## What to work on
Please output the entries below exactly as they are.

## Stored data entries

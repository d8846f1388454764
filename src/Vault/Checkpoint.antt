-- ===== src/Vault/Checkpoint.antt =====
-- services/vault-api/handler/ingest.go: buildLatestCheckpoint, GetCheckpointsLatest and
-- GetCheckpointsHistory. The code takes the mutex three times, once to read the tree size, once to
-- look for a stored checkpoint and once to store a new one; each is a function here.
use mathlib.Core.List.{reverse}
use merkle_evidence_vault.Prelude.{
  List, Option, String, [], if◌then◌else◌, map, none, not, some, ℕ, ◌++◌, ◌==◌, ◌=ℕ◌, ◌∷◌,
  string_key,
}
use merkle_evidence_vault.Prelude.Int.{add64, ltb_ℤ, negsuc, pos, ℤ, int_key}
use merkle_evidence_vault.Prelude.Dict.{Dict, insert, lookup}
use merkle_evidence_vault.Http.{
  Context, Fields, Json, Request, Response, arr, encode, end, field, int, items, obj, object,
  set_header, str, write_header,
}
use merkle_evidence_vault.Text.{is_some}
use merkle_evidence_vault.Store.{Evidence}
use merkle_evidence_vault.Vault.{
  CheckpointResponse, Host, VaultState, has_checkpoint_access, repeat, zero_root,
}

-- One round of the loop for the greatest leaf index.
abbrev pub max_with : ℤ → Option Evidence → ℤ
max_with m none = m
max_with m (some e) = elim e.leaf_index [ none ↦ m | some i ↦ if ltb_ℤ m i then i else m ]

unfoldable pub max_leaf : ℤ → List String → Dict String Evidence → ℤ
max_leaf m [] ev = m
max_leaf m (k ∷ order) ev = max_leaf (max_with m (lookup k ev)) order ev

abbrev pub size_of_max : ℤ → ℤ
size_of_max (negsuc n) = pos 0
size_of_max (pos n) = add64 (pos n) (pos 1)

unfoldable pub tree_size : List String → Dict String Evidence → ℤ
unfolding max_leaf
tree_size order ev = size_of_max (max_leaf (negsuc 0) order ev)

unfoldable pub stub_signature : String
unfolding repeat
stub_signature = repeat "a" 64

-- A field of the signing service's answer, where it is there and is not empty.
unfoldable pub answer_or : String → String → Dict String String → String
answer_or default key got = elim (lookup key got) [
  | none ↦ default
  | some s ↦ if s == "" then default else s
]

-- What the answer makes of a default: a failed call, a status other than 200 and a body that does
-- not decode leave it.
unfoldable pub from_service : String → String → Option (ℕ × Option (Dict String String)) → String
from_service default key none = default
from_service default key (some (code, none)) = default
from_service default key (some (code, some got)) =
    if code =ℕ 200 then answer_or default key got else default

unfoldable pub service_answer : Host → ℤ → Option (ℕ × Option (Dict String String))
service_answer host size =
    let svc = host.getenv "CHECKPOINT_SIGNING_URL" in
    if svc == "" then none else host.post svc (host.marshal_payload size zero_root)

-- The checkpoint for a tree size that has none yet.
unfoldable pub new_checkpoint : Host → ℤ → CheckpointResponse
new_checkpoint host size =
    let answer = service_answer host size in
    record {
      tree_size = size;
      root_hash = zero_root;
      signature = from_service stub_signature "signature" answer;
      key_ref = from_service "local:dev-default" "key_ref" answer;
    }

pub data Built : Type 0 where
  refused : ℕ → Built
  built : CheckpointResponse → Built

-- The last critical section: the order gets a tree size that it does not have, and the history
-- is written in any case.
unfoldable pub store_checkpoint : {S : Type 0} → CheckpointResponse → VaultState S → VaultState S
store_checkpoint cp st = record st {
  checkpoint_order =
      if is_some (lookup cp.tree_size st.checkpoint_history)
      then st.checkpoint_order
      else st.checkpoint_order ++ cp.tree_size ∷ [];
  checkpoint_history = insert cp.tree_size cp st.checkpoint_history;
}

unfoldable pub finish_checkpoint :
    {S : Type 0} → Host → ℤ → Option CheckpointResponse → VaultState S → VaultState S × Built
finish_checkpoint host size (some cp) st = (st, built cp)
finish_checkpoint host size none st =
    let cp = new_checkpoint host size in (store_checkpoint cp st, built cp)

-- What follows once the tree size is known.
unfoldable pub build_for : {S : Type 0} → Host → ℤ → VaultState S → VaultState S × Built
unfolding finish_checkpoint store_checkpoint
build_for host size st =
    if size == pos 0
    then (st, refused 404)
    else finish_checkpoint host size (lookup size st.checkpoint_history) st

unfoldable pub build_latest_checkpoint :
    {S : Type 0} → Host → List String → Context → VaultState S → VaultState S × Built
unfolding build_for
build_latest_checkpoint host order ctx st =
    if not (has_checkpoint_access ctx)
    then (st, refused 403)
    else build_for host (tree_size order st.store_map) st

-- `key_ref` is left out where it is empty.
abbrev key_ref_fields : String → Fields
key_ref_fields k = if k == "" then end else field "key_ref" (str k) end

unfoldable pub checkpoint_json : CheckpointResponse → Json
checkpoint_json cp = obj (
    field "tree_size" (int cp.tree_size) (
      field "root_hash" (str cp.root_hash)
        (field "signature" (str cp.signature) (key_ref_fields cp.key_ref))))

checkpoint_answer : Built → Response → Response
checkpoint_answer (refused code) w = write_header code w
checkpoint_answer (built cp) w =
    encode (checkpoint_json cp) (set_header "Content-Type" "application/json" w)

unfoldable pub get_checkpoints_latest :
    {S : Type 0} → Host → List String → Request → Response → VaultState S → VaultState S × Response
unfolding checkpoint_answer checkpoint_json build_latest_checkpoint write_header encode set_header
get_checkpoints_latest host order req w st =
    let (st', r) = build_latest_checkpoint host order req.context st in (st', checkpoint_answer r w)

-- A missing key reads as the zero value of the struct.
abbrev pub history_entry : Option CheckpointResponse → CheckpointResponse
history_entry none = record { tree_size = pos 0; root_hash = ""; signature = ""; key_ref = "" }
history_entry (some cp) = cp

-- The loop from the last index down, as the reversed order.
unfoldable pub history_entries : {S : Type 0} → VaultState S → List CheckpointResponse
history_entries st =
    map (λ size. history_entry (lookup size st.checkpoint_history)) (reverse st.checkpoint_order)

unfoldable pub get_checkpoints_history :
    {S : Type 0} → Host → List String → Request → Response → VaultState S → VaultState S × Response
unfolding build_latest_checkpoint history_entries checkpoint_json write_header encode set_header
get_checkpoints_history host order req w st =
    if not (has_checkpoint_access req.context)
    then (st, write_header 403 w)
    else (let st' = (build_latest_checkpoint host order req.context st).0 in
        (
          st',
          encode
              (object (("entries", arr (items (map checkpoint_json (history_entries st')))) ∷ []))
              (set_header "Content-Type" "application/json" w),
        ))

## The answer
repository d8846f1388454764
filename src/Vault/Checkpoint.antt
-- ===== src/Vault/Checkpoint.antt =====
-- services/vault-api/handler/ingest.go: buildLatestCheckpoint, GetCheckpointsLatest and
-- GetCheckpointsHistory. The code takes the mutex three times, once to read the tree size, once to
-- look for a stored checkpoint and once to store a new one; each is a function here.
use mathlib.Core.List.{reverse}
use merkle_evidence_vault.Prelude.{
  List, Option, String, [], if◌then◌else◌, map, none, not, some, ℕ, ◌++◌, ◌==◌, ◌=ℕ◌, ◌∷◌,
  string_key,
}
use merkle_evidence_vault.Prelude.Int.{add64, ltb_ℤ, negsuc, pos, ℤ, int_key}
use merkle_evidence_vault.Prelude.Dict.{Dict, insert, lookup}
use merkle_evidence_vault.Http.{
  Context, Fields, Json, Request, Response, arr, encode, end, field, int, items, obj, object,
  set_header, str, write_header,
}
use merkle_evidence_vault.Text.{is_some}
use merkle_evidence_vault.Store.{Evidence}
use merkle_evidence_vault.Vault.{
  CheckpointResponse, Host, VaultState, has_checkpoint_access, repeat, zero_root,
}

-- One round of the loop for the greatest leaf index.
abbrev pub max_with : ℤ → Option Evidence → ℤ
max_with m none = m
max_with m (some e) = elim e.leaf_index [ none ↦ m | some i ↦ if ltb_ℤ m i then i else m ]

unfoldable pub max_leaf : ℤ → List String → Dict String Evidence → ℤ
max_leaf m [] ev = m
max_leaf m (k ∷ order) ev = max_leaf (max_with m (lookup k ev)) order ev

abbrev pub size_of_max : ℤ → ℤ
size_of_max (negsuc n) = pos 0
size_of_max (pos n) = add64 (pos n) (pos 1)

unfoldable pub tree_size : List String → Dict String Evidence → ℤ
unfolding max_leaf
tree_size order ev = size_of_max (max_leaf (negsuc 0) order ev)

unfoldable pub stub_signature : String
unfolding repeat
stub_signature = repeat "a" 64

-- A field of the signing service's answer, where it is there and is not empty.
unfoldable pub answer_or : String → String → Dict String String → String
answer_or default key got = elim (lookup key got) [
  | none ↦ default
  | some s ↦ if s == "" then default else s
]

-- What the answer makes of a default: a failed call, a status other than 200 and a body that does
-- not decode leave it.
unfoldable pub from_service : String → String → Option (ℕ × Option (Dict String String)) → String
from_service default key none = default
from_service default key (some (code, none)) = default
from_service default key (some (code, some got)) =
    if code =ℕ 200 then answer_or default key got else default

unfoldable pub service_answer : Host → ℤ → Option (ℕ × Option (Dict String String))
service_answer host size =
    let svc = host.getenv "CHECKPOINT_SIGNING_URL" in
    if svc == "" then none else host.post svc (host.marshal_payload size zero_root)

-- The checkpoint for a tree size that has none yet.
unfoldable pub new_checkpoint : Host → ℤ → CheckpointResponse
new_checkpoint host size =
    let answer = service_answer host size in
    record {
      tree_size = size;
      root_hash = zero_root;
      signature = from_service stub_signature "signature" answer;
      key_ref = from_service "local:dev-default" "key_ref" answer;
    }

pub data Built : Type 0 where
  refused : ℕ → Built
  built : CheckpointResponse → Built

-- The last critical section: the order gets a tree size that it does not have, and the history
-- is written in any case.
unfoldable pub store_checkpoint : {S : Type 0} → CheckpointResponse → VaultState S → VaultState S
store_checkpoint cp st = record st {
  checkpoint_order =
      if is_some (lookup cp.tree_size st.checkpoint_history)
      then st.checkpoint_order
      else st.checkpoint_order ++ cp.tree_size ∷ [];
  checkpoint_history = insert cp.tree_size cp st.checkpoint_history;
}

unfoldable pub finish_checkpoint :
    {S : Type 0} → Host → ℤ → Option CheckpointResponse → VaultState S → VaultState S × Built
finish_checkpoint host size (some cp) st = (st, built cp)
finish_checkpoint host size none st =
    let cp = new_checkpoint host size in (store_checkpoint cp st, built cp)

-- What follows once the tree size is known.
unfoldable pub build_for : {S : Type 0} → Host → ℤ → VaultState S → VaultState S × Built
unfolding finish_checkpoint store_checkpoint
build_for host size st =
    if size == pos 0
    then (st, refused 404)
    else finish_checkpoint host size (lookup size st.checkpoint_history) st

unfoldable pub build_latest_checkpoint :
    {S : Type 0} → Host → List String → Context → VaultState S → VaultState S × Built
unfolding build_for
build_latest_checkpoint host order ctx st =
    if not (has_checkpoint_access ctx)
    then (st, refused 403)
    else build_for host (tree_size order st.store_map) st

-- `key_ref` is left out where it is empty.
abbrev key_ref_fields : String → Fields
key_ref_fields k = if k == "" then end else field "key_ref" (str k) end

unfoldable pub checkpoint_json : CheckpointResponse → Json
checkpoint_json cp = obj (
    field "tree_size" (int cp.tree_size) (
      field "root_hash" (str cp.root_hash)
        (field "signature" (str cp.signature) (key_ref_fields cp.key_ref))))

checkpoint_answer : Built → Response → Response
checkpoint_answer (refused code) w = write_header code w
checkpoint_answer (built cp) w =
    encode (checkpoint_json cp) (set_header "Content-Type" "application/json" w)

unfoldable pub get_checkpoints_latest :
    {S : Type 0} → Host → List String → Request → Response → VaultState S → VaultState S × Response
unfolding checkpoint_answer checkpoint_json build_latest_checkpoint write_header encode set_header
get_checkpoints_latest host order req w st =
    let (st', r) = build_latest_checkpoint host order req.context st in (st', checkpoint_answer r w)

-- A missing key reads as the zero value of the struct.
abbrev pub history_entry : Option CheckpointResponse → CheckpointResponse
history_entry none = record { tree_size = pos 0; root_hash = ""; signature = ""; key_ref = "" }
history_entry (some cp) = cp

-- The loop from the last index down, as the reversed order.
unfoldable pub history_entries : {S : Type 0} → VaultState S → List CheckpointResponse
history_entries st =
    map (λ size. history_entry (lookup size st.checkpoint_history)) (reverse st.checkpoint_order)

unfoldable pub get_checkpoints_history :
    {S : Type 0} → Host → List String → Request → Response → VaultState S → VaultState S × Response
unfolding build_latest_checkpoint history_entries checkpoint_json write_header encode set_header
get_checkpoints_history host order req w st =
    if not (has_checkpoint_access req.context)
    then (st, write_header 403 w)
    else (let st' = (build_latest_checkpoint host order req.context st).0 in
        (
          st',
          encode
              (object (("entries", arr (items (map checkpoint_json (history_entries st')))) ∷ []))
              (set_header "Content-Type" "application/json" w),
        ))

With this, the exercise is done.